From technical analytics to regulatory submission prep, an integrated partner offered continuity that reduced risk and delay. Dr. Verespy explained how this plays out at Abzena:
“Oftentimes we’ll be performing early developability studies on the same molecules that are going into preclinical studies… then further onto the GMP batches for clinical trials.”
This end-to-end familiarity meant insights from early-stage work directly inform scale-up and GMP manufacturing, saving both time and cost.
Dr. Mocny also noted that broad internal capabilities meant better access to specialized tools, assays and expert teams — whether working with siRNA, radiolabels or traditional small molecules.
Anticipating Regulatory Shifts: AI and Structured Data
Dr. Mocny and Dr. Verespy also spoke to recent changes in FDA staffing, and how the growing role of AI could affect regulatory review.
Dr. Mocny noted that the FDA had already begun shifting to AI-assisted application review, with the goal of reducing bias and streamlining decision-making. But the bigger shift, he explained, might be in how data was submitted.
“The introduction to AI tools is going to be very helpful. It should make review quicker, easier and remove some of the bias that human review can impart,” he said.
Dr. Mocny also pointed to an emerging trend toward replacing traditional narrative-based submissions with structured data formats — particularly those replacing legacy modules like Module 3.2.S and Module 3.2.P. “
“There’s a desire to move away from the current filing structure altogether… toward a structured data approach,” he added.
While antibody-oligonucleotide conjugates (AOCs) are still gaining regulatory familiarity, Dr. Mocny noted they are “new, but not brand new.” Developers can apply knowledge from ADCs and nucleotide-based therapeutics, but merging these domains into a single molecule adds complexity that demands specialized expertise.
He also explained that regulators are moving toward structured data formats that enable clearer comparisons across similar therapies. This approach could help agencies better understand a therapy’s place in the treatment landscape by linking safety, efficacy, and behavior data across modalities.
As regulatory expectations evolve, Dr. Mocny said, it’s essential for CDMOs and CROs to help sponsors present these complex datasets in a way that supports meaningful review.
Looking Ahead: Converging Science and Strategy
Dr. Verespy and Dr. Mocny concluded the conversation with reflections on how regulatory and development strategies must evolve together. While AOCs are still relatively new, both speakers stressed that they draw from well-established oligonucleotide and ADC frameworks.
“So while it’s not a brand new therapy, it is a newer modality… but I think that puts a lot of onus on the sponsor and CDMOs and CROs like ourselves… to drive that argument and that description across in a meaningful way,” said Dr. Mocny.
Dr. Verespy added that AI tools might not change what data is submitted, but how it’s structured — favoring tabular formats over visual graphs to allow machine-based review to interpret findings more accurately.

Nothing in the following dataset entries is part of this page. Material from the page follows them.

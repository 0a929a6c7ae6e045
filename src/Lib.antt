-- ===== src/Lib.antt =====
-- The double-entry accounting core of cashflow_backend: internal/features/accounting, with the currency
-- table of internal/platform/money and the retries of internal/infrastructure/postgres.
--
-- The program. An HTTP handler decodes a request, calls the use case of the operation
-- (internal/features/accounting/usecase_*.go), and the use case checks the request and the entities and
-- calls the repository (internal/features/accounting/internal/*.go), whose methods are each one
-- PostgreSQL transaction. A journal entry (AccountMove) is drafted, posted under the next number of its
-- journal and a hash that chains it to the entry before, and reversed by an entry of its own; every such
-- step writes an entry of the financial audit log, which is a hash chain as well. Events of subledgers
-- become posted entries, once per key. Debits and credits of an account are reconciled with each other,
-- which may post an entry for the exchange difference. Fiscal periods open and close the dates of entries,
-- and the close of a year posts a closing and an opening entry; the statements are computed from the
-- balances of the accounts.
--
-- The modules.
--   Base: the names that all share, tests, lists as tables, fallible results, integers (Base.Int).
--   Domain: entity.go. Types has the entities, Errors the errors, Balance the checks of an entity.
--   Repository: the tables (Tables) and the transactions on them, internal/repository.go,
--     internal/audit_chain.go, internal/year_close.go and internal/reconciliation.go. Rows has the
--     statements that transactions share, Audit insertAuditLog and VerifyAuditIntegrity, Drafts
--     SaveDraftMove and DeleteDraftMove, Posting postMoveAtomic with PostMoveAtomic and
--     PostNewMoveWithEventAtomic, Reversal ReverseMoveAtomic, YearClose CloseFiscalYear,
--     Reconciliation ReconcileMoveLines and UnreconcileMoveLines; Posted inserts the posted entries
--     of the last two. Invariant and Keys say what the transactions keep, Extends how tables grow,
--     Balances what the accounts sum to, and Steps composes the transactions in any order; the modules
--     below each transaction take it apart step by step.
--   Periods: UpdatePeriodState and ChangePeriodState; Calendar: the creation of a fiscal year.
--   Masters: accounts, journals, event mappings and the configuration; UseCases: their use cases and the
--     validation of their requests (dto.go).
--   Moves: the use cases of journal entries: Requests (dto.go), Drafting, Posting (with governance.go),
--     Reversing, Ingest (usecase_ingest_subledger_event.go).
--   Reports: the balance sheet, the income statement and the trial balance over the rows of queries;
--     Queries: these queries (internal/queries.go), and the statements over the tables.
--   Infrastructure: Retry is WithRetry of internal/infrastructure/postgres/retry.go.
--   Examples: a small set of books, and the theorems at runs on it.
--
-- How the code is translated. A transaction is a function from the tables (Db) to a result: the new
-- tables and what the Go code leaves to its caller, or the error, in which case the transaction is rolled
-- back and the tables are those before it. Statements become functions on the lists of rows; the
-- constraints of migrations/ that a statement can break are tests in it. A UUID is a number with 0 for
-- uuid.Nil, a nilable pointer an Option, a date its count of days, an instant its count of nanoseconds
-- with 0 for the zero time, a text the list of its bytes. An amount is a whole number of the smallest unit
-- in use, since decimal.Decimal adds exactly. Repository.Tables.Env has what the program calls and does not
-- implement: the value that a NUMERIC(28, 4) column keeps, Round(4) of an amount, of a product and of a
-- proportional part, the texts of ids and times, JSON and JSONB, SHA-256, the supply of uuid.New (0 for a
-- move, from 1 for its lines), and what Scan makes of a NULL for a Go string. Moves.Requests.Strings has
-- packages strings, utf8 and time as requests use them, Moves.Ingest.Rates the provider of exchange rates,
-- Periods.Calendar the dates of package time, Infrastructure.Retry.Runtime the operation, the context, the
-- clock and the random source of a retry. What is assumed of them stands in IsNumeric, IsFixedPoint,
-- IsRounding, IsProduct, IsHashing, IsGregorian, IsDecimal and IsCounter.
-- An ingestion takes two tables: those that it starts from, and those that it reads again after a failure.
--
-- Bounds and fuel. Repository.Rows.digits has fuel for as many digits as the number itself, and
-- Masters.Accounts.is_below one step per account, which is enough in a hierarchy without a cycle. The
-- loop of WithRetry recurs on the number of retries that are left. All other loops run over lists.
--
-- Not modelled: faults of the connection and of the driver, the bounds of int64 and of NUMERIC, the
-- lengths of VARCHAR columns, the checks of RowsAffected that the keys imply, pages of reads, logging, and
-- the publication of events, which changes no outcome. One clock reading stands for all of a transaction.
-- FX revaluation, the cash-flow statement, the general ledger, the account tree and the list of
-- unreconciled lines are not modelled, and neither are the handlers, the server and the other platform
-- packages.
pub mod Base
pub mod Domain
pub mod Examples
pub mod Infrastructure
pub mod Masters
pub mod Moves
pub mod Periods
pub mod Reports
pub mod Repository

Dr. Mocny emphasized the need for strong “knowledge graphs” linking data points across manufacturing and testing workflows. This, he said, would reduce the risk of “AI hallucination” and improve regulatory confidence.
“Understanding how this data point relates to all the other data points that are collected is really important… how these discrete data points impact one another and how they’re linked together.”
As next-gen conjugates continue to gain ground, both Dr. Mocny and Dr. Verespy reaffirmed that close coordination between scientific and regulatory teams will be essential to navigating what comes next.